Kini Agus Hamdani dipercaya sebagai Ketua di komunitas yang baru
berusia 6 tahun tersebut. Kiprahnya sebagai pimpinan Forkis semakin
menguat ketika dirinya berhasil menggebrak kegiatan berkesenian
bertajuk Cimahi, Art and Photography Exhibiton yang mendapat
dukungan penuh dari Diskopindagtan Pemerintah Kota Cimahi.

Acara bertema Save Our Cultural Heritage yang berlangsung di gedung


tua peninggalan Belanda yang kini lebih dikenal dengan sebutan The
Historich tersebut berlangsung dengan meriah dan sukses. Beberapa
seniman Forkis dan seniman dari luar kota ikut memeriahkan acara
pameran seni rupa tersebut. Tercatat ada beberapa nama seniman Forkis
yang terlibat dalam ajang pameran seni rupa tersebut, seperti Agus
Hamdani, Bahar Malaka, Hamdani, Bambang Sumantri, Muhammad Nur,
Ade Gombloh Mulyana alias Moel, dan Teddy Suchyar.
Selain itu, beberapa pelukis dari luar Cimahi juga ikut memeriahkan ajang
pameran tersebut.

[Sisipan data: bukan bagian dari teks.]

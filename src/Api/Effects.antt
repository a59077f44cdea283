-- ===== src/Api/Effects.antt =====
-- internal/app/queue.go and internal/app/voting.go: what a request does to the database.
use raspi_media_player.Base.{
  ℕ, ◌≡◌, refl, ap, subst, String, Bool, true, false, not, Option, none, some, List, ◌&&◌, ◌||◌,
  same, ltb, if◌then◌else◌, trim, is_space, byte_length,
}
use raspi_media_player.Queue.Rows.{Db, Item, Snapshot, Result, ok, err}
use raspi_media_player.Queue.Store.{
  snapshot, remove, clear, skip, reorder, Addition, add_source_titled,
}
use raspi_media_player.Queue.Admission.{added_database}
use raspi_media_player.Queue.Calls.{Call, adds, removes, clears, skips, reorders, database_of, run}
use raspi_media_player.Voting.Policy.{policy}
use raspi_media_player.Voting.Manager.{VoteManager, set_vote}
use raspi_media_player.Api.Limiter.{allow}
use raspi_media_player.Api.Requests.{
  Request, Response, Classification, classified, unsupported, invalid, Server, listener_id,
  client_ip, Required, refused, expects, required_revision, skip_target, skip_key, removal_key,
  is_admin,
}
use raspi_media_player.Api.Handlers.{
  with_votes, reply, get_queue, skipped, vote_on_skip, skip_at, vote_to_skip, skip_queue_item,
  withdraw_skip_vote, find_item, removed, may_remove, vote_on_removal, remove_at, remove_queue_item,
  withdraw_at, withdraw_removal_vote, changed_queue, reorder_at, reorder_queue, clear_at,
  clear_queue,
}
use raspi_media_player.Api.Submission.{
  AddQueueRequest, submitted, addition_of, submit_classified, submit_allowed, add_queue_item,
  Endpoint, gets_queue, clears_queue, skips_item, withdraws_skip, removes_item, withdraws_removal,
  reorders_queue, adds_item, handle,
}

abbrev pub is_addition : Endpoint → Bool
is_addition (adds_item id at body) = true
is_addition _ = false

-- The calls that a request may lead to: an addition, or a change at the revision of its header.
abbrev pub Sent : Endpoint → Request → Call → Type 0
Sent e r (adds a) = is_addition e ≡ true
Sent e r (removes id revision) = required_revision r.if_match ≡ expects revision
Sent e r (clears revision) = required_revision r.if_match ≡ expects revision
Sent e r (skips revision) = required_revision r.if_match ≡ expects revision
Sent e r (reorders order revision) = required_revision r.if_match ≡ expects revision
Sent e r _ = ⊥

-- The database is as it was, or one call of the store took effect.
pub data Changes (e : Endpoint) (r : Request) (db db' : Db) : Type 0 where
  unchanged : db' ≡ db → Changes e r db db'
  called : (c : Call) → Sent e r c → run c db ≡ ok db' → Changes e r db db'

-- A test that decides between two outcomes.
either-Changes :
    {e : Endpoint} {r : Request} (b : Bool) {db : Db} (x y : Server × Response)
    → Changes e r db x.0.db
    → Changes e r db y.0.db
    → Changes e r db (if b then x else y).0.db
either-Changes true x y v w = v
either-Changes false x y v w = w

skipped-Changes :
    (e : Endpoint) (voted : Bool) (revision : ℕ) (target : String) (r : Request) (s : Server)
    → required_revision r.if_match ≡ expects revision
    → Changes e r s.db (skipped voted (skip revision s.db) target r s).0.db
unfolding skipped reply run
skipped-Changes e voted revision target r s sent = go (skip revision s.db) refl
  where
    go :
        (x : Result (Db × Snapshot))
        → skip revision s.db ≡ x
        → Changes e r s.db (skipped voted x target r s).0.db
    go (err x) h = unchanged refl
    go (ok (db, snap)) h =
        either-Changes voted _ _ (called (skips revision) sent (ap database_of h))
          (called (skips revision) sent (ap database_of h))

removed-Changes :
    (e : Endpoint) (revision : ℕ) (id : String) (r : Request) (s : Server)
    → required_revision r.if_match ≡ expects revision
    → Changes e r s.db (removed (remove id revision s.db) id r s).0.db
unfolding removed reply run
removed-Changes e revision id r s sent = go (remove id revision s.db) refl
  where
    go :
        (x : Result (Db × Snapshot))
        → remove id revision s.db ≡ x
        → Changes e r s.db (removed x id r s).0.db
    go (err x) h = unchanged refl
    go (ok (db, snap)) h = called (removes id revision) sent (ap database_of h)

vote_to_skip-Changes :
    (e : Endpoint) (vote : Bool) (r : Request) (s : Server)
    → Changes e r s.db (vote_to_skip vote r s).0.db
unfolding vote_to_skip vote_on_skip
vote_to_skip-Changes e vote r s = go (required_revision r.if_match) refl
  where
    go :
        (x : Required)
        → required_revision r.if_match ≡ x
        → Changes e r s.db (skip_at x vote r s).0.db
    go (refused response) h = unchanged refl
    go (expects revision) sent =
        let target = skip_target (snapshot s.db) in
        let m : VoteManager =
          (set_vote (policy s.settings) (skip_key target) target (listener_id r) vote r.now r.now
            r.now s.votes).0 in
        either-Changes (not (policy s.settings).enabled || is_admin r.identity) _ _
          (skipped-Changes e false revision target r s sent)
          (either-Changes (same target "") _ _ (unchanged refl) (
            either-Changes (vote && _) _ _
              (skipped-Changes e true revision target r (with_votes m s) sent) (unchanged refl)))

remove_queue_item-Changes :
    (e : Endpoint) (id : String) (r : Request) (s : Server)
    → Changes e r s.db (remove_queue_item id r s).0.db
unfolding remove_queue_item remove_at vote_on_removal reply
remove_queue_item-Changes e id r s =
    go (required_revision r.if_match) (find_item id (snapshot s.db).items) refl
  where
    go :
        (x : Required) (t : Option Item)
        → required_revision r.if_match ≡ x
        → Changes e r s.db (remove_at x t id r s).0.db
    go (refused response) t h = unchanged refl
    go (expects revision) none h = unchanged refl
    go (expects revision) (some target) sent =
        let m : VoteManager =
          (set_vote (policy s.settings) (removal_key id) id (listener_id r) true r.now r.now r.now
            s.votes).0 in
        either-Changes (may_remove (policy s.settings) r.identity target) _ _
          (removed-Changes e revision id r s sent)
          (either-Changes (ltb _ _) _ _ (unchanged refl)
            (removed-Changes e revision id r (with_votes m s) sent))

withdraw_removal_vote-db :
    (id : String) (r : Request) (s : Server) → (withdraw_removal_vote id r s).0.db ≡ s.db
unfolding withdraw_removal_vote withdraw_at reply
withdraw_removal_vote-db id r s =
    go (required_revision r.if_match) (find_item id (snapshot s.db).items)
  where
    go : (x : Required) (t : Option Item) → (withdraw_at x t id r s).0.db ≡ s.db
    go (refused response) t = refl
    go (expects revision) none = refl
    go (expects revision) (some target) = refl

-- A call of the store that is a change of the whole queue.
changed_queue-Changes :
    (e : Endpoint) (r : Request) (c : Call) (x : Result (Db × Snapshot)) (s : Server)
    → Sent e r c
    → run c s.db ≡ database_of x
    → Changes e r s.db (changed_queue x s).0.db
unfolding changed_queue
changed_queue-Changes e r c (err x) s sent h = unchanged refl
changed_queue-Changes e r c (ok (db, snap)) s sent h = called c sent h

reorder_queue-Changes :
    (e : Endpoint) (body : Option (List String)) (r : Request) (s : Server)
    → Changes e r s.db (reorder_queue body r s).0.db
unfolding reorder_queue run
reorder_queue-Changes e body r s = go (required_revision r.if_match) body refl
  where
    go :
        (x : Required) (b : Option (List String))
        → required_revision r.if_match ≡ x
        → Changes e r s.db (reorder_at x b s).0.db
    go (refused response) b h = unchanged refl
    go (expects revision) none h = unchanged refl
    go (expects revision) (some order) sent =
        changed_queue-Changes e r (reorders order revision) (reorder order revision s.db) s sent
          refl

clear_queue-Changes :
    (e : Endpoint) (r : Request) (s : Server) → Changes e r s.db (clear_queue r s).0.db
unfolding clear_queue run
clear_queue-Changes e r s = go (required_revision r.if_match) refl
  where
    go : (x : Required) → required_revision r.if_match ≡ x → Changes e r s.db (clear_at x s).0.db
    go (refused response) h = unchanged refl
    go (expects revision) sent =
        changed_queue-Changes e r (clears revision) (clear revision s.db) s sent refl

submitted-Changes :
    (e : Endpoint) (r : Request) (a : Addition) (s : Server)
    → is_addition e ≡ true
    → Changes e r s.db (submitted (add_source_titled a s.db) s).0.db
unfolding submitted run
submitted-Changes e r a s adding = go (add_source_titled a s.db) refl
  where
    go :
        (x : Result (Db × Snapshot × Item))
        → add_source_titled a s.db ≡ x
        → Changes e r s.db (submitted x s).0.db
    go (err x) h = unchanged refl
    go (ok (db, snap, item)) h = called (adds a) adding (ap added_database h)

add_queue_item-Changes :
    (id at : String) (body : Option AddQueueRequest) (r : Request) (s : Server)
    → Changes (adds_item id at body) r s.db (add_queue_item id at body r s).0.db
unfolding add_queue_item submit_classified
add_queue_item-Changes id at body r s =
    let answer = allow (client_ip r) r.now s.limiter in
    go answer.1 body (record s { limiter = answer.0 }) refl
  where
    kinds :
        (x : Classification) (b : AddQueueRequest) (t : Server)
        → Changes (adds_item id at body) r t.db (submit_classified x id at b r t).0.db
    kinds unsupported b t = unchanged refl
    kinds invalid b t = unchanged refl
    kinds (classified kind) b t =
        either-Changes (ltb 64 (byte_length (trim is_space b.display_name))) _ _ (unchanged refl) (
          either-Changes (ltb 240 (byte_length (trim is_space b.title))) _ _ (unchanged refl)
            (submitted-Changes (adds_item id at body) r (addition_of id at kind b r t) t refl))

    go :
        (allowed : Bool) (b : Option AddQueueRequest) (t : Server)
        → t.db ≡ s.db
        → Changes (adds_item id at body) r s.db (submit_allowed allowed id at b r t).0.db
    go false b t h = unchanged h
    go true none t h = unchanged h
    go true (some b) t h =
        subst
          (λ db. Changes (adds_item id at body) r db (submit_allowed true id at (some b) r t).0.db)
          h (kinds (t.classify (trim is_space b.url)) b t)

-- Each request leaves the database as it is, or one call of the store takes effect: an addition, or
-- a change at the revision of the header.
pub handle-Changes :
    (e : Endpoint) (r : Request) (s : Server) → Changes e r s.db (handle e r s).0.db
unfolding handle skip_queue_item withdraw_skip_vote get_queue reply
handle-Changes gets_queue r s = unchanged refl
handle-Changes clears_queue r s = clear_queue-Changes clears_queue r s
handle-Changes skips_item r s = vote_to_skip-Changes skips_item true r s
handle-Changes withdraws_skip r s = vote_to_skip-Changes withdraws_skip false r s
handle-Changes (removes_item id) r s = remove_queue_item-Changes (removes_item id) id r s
handle-Changes (withdraws_removal id) r s = unchanged (withdraw_removal_vote-db id r s)
handle-Changes (reorders_queue body) r s = reorder_queue-Changes (reorders_queue body) body r s
handle-Changes (adds_item id at body) r s = add_queue_item-Changes id at body r s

Beberapa nama pelukis seperti Olla Manelo (pelukis
wanita asal Bandung), Budi Baksil (Bandung), E.B. Wahyuno (Gunung
Kidul, Jogjakarta), Ardiyan Syah (Madura) dan Balchi Bara (Tegal, Jawa
Tengah) turut serta memajang karyanya di sana.
Pada perhelatan yang terbilang cukup akbar tersebut, Agus Hamdani
bersama Bahar Malaka, Bambang Sumantri, Muhammad Nur dan hamdani
(semuanya anggota Forkis) berhasil mendapat penghargaan dari ORI
(Original Record Indonesia) yang berada dalam naungan yayasan Prestasi
Anak Bangsa, karena berhasil memecahkan rekor melukis 5 menit secara
bersama-sama dengan objek lukisan berupa Jembatan Pemkot Cimahi
secara terbalik.
Kegiatan lainnya berupa pameran foto dan lomba fotografi yang
dimeriahkan beberapa fotografer Cimahi dan Kota Bandung, seperti Toto
Sugiarto, Lia Wantu, Feari Krisna, Risma Trisdiyanti, Godam Pratama,
Tatang Sukarna, Iwan, Yonathan Dwi Prasetya dan lain-lain.